Each line of the data that includes "List" must be copied.

» **RECORDS SHOWN**:

--- START ---

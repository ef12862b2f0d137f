-- ===== src/Cpu/Execute/ThumbTransfer.antt =====
-- crates/vmrp-cpu/src/execute.rs: Thumb loads and stores.
use vmrp_rust.Prelude.{
  ℕ, zero, suc, ◌+◌, ◌%◌, ◌^◌, bit_and, Bool, true, false, if◌then◌else◌, List, [], ◌∷◌, ◌++◌,
}
use mathlib.Core.List.{reverse}
use vmrp_rust.Word.{add32, sub32, not32, bit}
use vmrp_rust.Cpu.Memory.{MemoryBus}
use vmrp_rust.Cpu.Machine.{Exec, pure, ◌>>=◌, ◌>>◌, reg, read8, read32, write8, write32}
use vmrp_rust.Cpu.Execute.Common.{advance, write_reg, exchange, mask_registers}

module _ {M : Type 0} ⦃bus : MemoryBus M⦄ where
  unfoldable pub execute_thumb_literal_load : ℕ → ℕ → ℕ → Exec M (Unit {0})
  unfolding read32 write_reg advance
  execute_thumb_literal_load pc rd offset = do
    let base = bit_and (add32 pc 4) (not32 3)
    value ← read32 (add32 base offset)
    write_reg rd value
    advance (add32 pc 2)

  -- A load or a store of `rd` at an address, by the width.
  unfoldable pub thumb_access : Bool → Bool → ℕ → ℕ → Exec M (Unit {0})
  unfolding read8 read32 write_reg reg write8 write32
  thumb_access true byte rd addr = do
    value ← (if byte then read8 addr else read32 addr)
    write_reg rd value
  thumb_access false byte rd addr = do
    value ← reg rd
    if byte then write8 addr (value % 2 ^ 8) else write32 addr value

  unfoldable pub execute_thumb_load_store_register_offset :
      ℕ → Bool → Bool → ℕ → ℕ → ℕ → Exec M (Unit {0})
  unfolding reg thumb_access advance
  execute_thumb_load_store_register_offset pc load byte offset base rd = do
    base_value ← reg base
    offset_value ← reg offset
    thumb_access load byte rd (add32 base_value offset_value)
    advance (add32 pc 2)

  unfoldable pub execute_thumb_load_store_sp_relative : ℕ → Bool → ℕ → ℕ → Exec M (Unit {0})
  unfolding reg thumb_access advance
  execute_thumb_load_store_sp_relative pc load rd offset = do
    sp ← reg 13
    thumb_access load false rd (add32 sp offset)
    advance (add32 pc 2)

  -- The byte and the word forms.
  unfoldable pub execute_thumb_load_store_immediate :
      ℕ → Bool → Bool → ℕ → ℕ → ℕ → Exec M (Unit {0})
  unfolding reg thumb_access advance
  execute_thumb_load_store_immediate pc byte load base rd offset = do
    base_value ← reg base
    thumb_access load byte rd (add32 base_value offset)
    advance (add32 pc 2)

  -- One register of the loops over the eight low registers.
  unfoldable pub load_store_register : Bool → ℕ → ℕ → Exec M (Unit {0})
  unfolding read32 write_reg reg write32
  load_store_register true index addr = do value ← read32 addr; write_reg index value
  load_store_register false index addr = do value ← reg index; write32 addr value

  -- The loop, with `n` registers to go from `index` on; it answers the address after it.
  unfoldable pub load_store_multiple : Bool → ℕ → ℕ → ℕ → ℕ → Exec M ℕ
  unfolding load_store_register
  load_store_multiple load zero index register_mask addr = pure addr
  load_store_multiple load (suc n) index register_mask addr = do
    addr' ←
        (if bit register_mask index
          then (do load_store_register load index addr; pure (add32 addr 4))
          else pure addr)
    load_store_multiple load n (index + 1) register_mask addr'

  unfoldable pub execute_thumb_load_store_multiple : ℕ → Bool → ℕ → ℕ → Exec M (Unit {0})
  unfolding reg load_store_multiple write_reg advance
  execute_thumb_load_store_multiple pc load base register_mask = do
    start ← reg base
    addr ← load_store_multiple load 8 0 register_mask start
    write_reg base addr
    advance (add32 pc 2)

  unfoldable pub execute_thumb_pop : ℕ → ℕ → Bool → Exec M (Unit {0})
  unfolding reg load_store_multiple read32 write_reg exchange advance
  execute_thumb_pop pc register_mask include_pc = do
    start ← reg 13
    sp ← load_store_multiple true 8 0 register_mask start
    if include_pc
        then (do target ← read32 sp; write_reg 13 (add32 sp 4); exchange target)
        else (do write_reg 13 sp; advance (add32 pc 2))

  -- The loop over the registers from the last to the first; it answers the new sp.
  unfoldable pub push_registers : List ℕ → ℕ → Exec M ℕ
  unfolding reg write32
  push_registers [] sp = pure sp
  push_registers (index ∷ registers) sp = do
    let sp' = sub32 sp 4
    value ← reg index
    write32 sp' value
    push_registers registers sp'

  unfoldable pub execute_thumb_push : ℕ → ℕ → Bool → Exec M (Unit {0})
  unfolding reg push_registers write_reg advance mask_registers
  execute_thumb_push pc register_mask include_lr = do
    let low = mask_registers 8 0 register_mask
    let registers = if include_lr then low ++ 14 ∷ [] else low
    start ← reg 13
    sp ← push_registers (reverse registers) start
    write_reg 13 sp
    advance (add32 pc 2)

--- END ---

» **ANSWER TO THIS TASK**:
  ℕ, zero, suc, ◌+◌, ◌%◌, ◌^◌, bit_and, Bool, true, false, if◌then◌else◌, List, [], ◌∷◌, ◌++◌,
use mathlib.Core.List.{reverse}
  unfoldable pub push_registers : List ℕ → ℕ → Exec M ℕ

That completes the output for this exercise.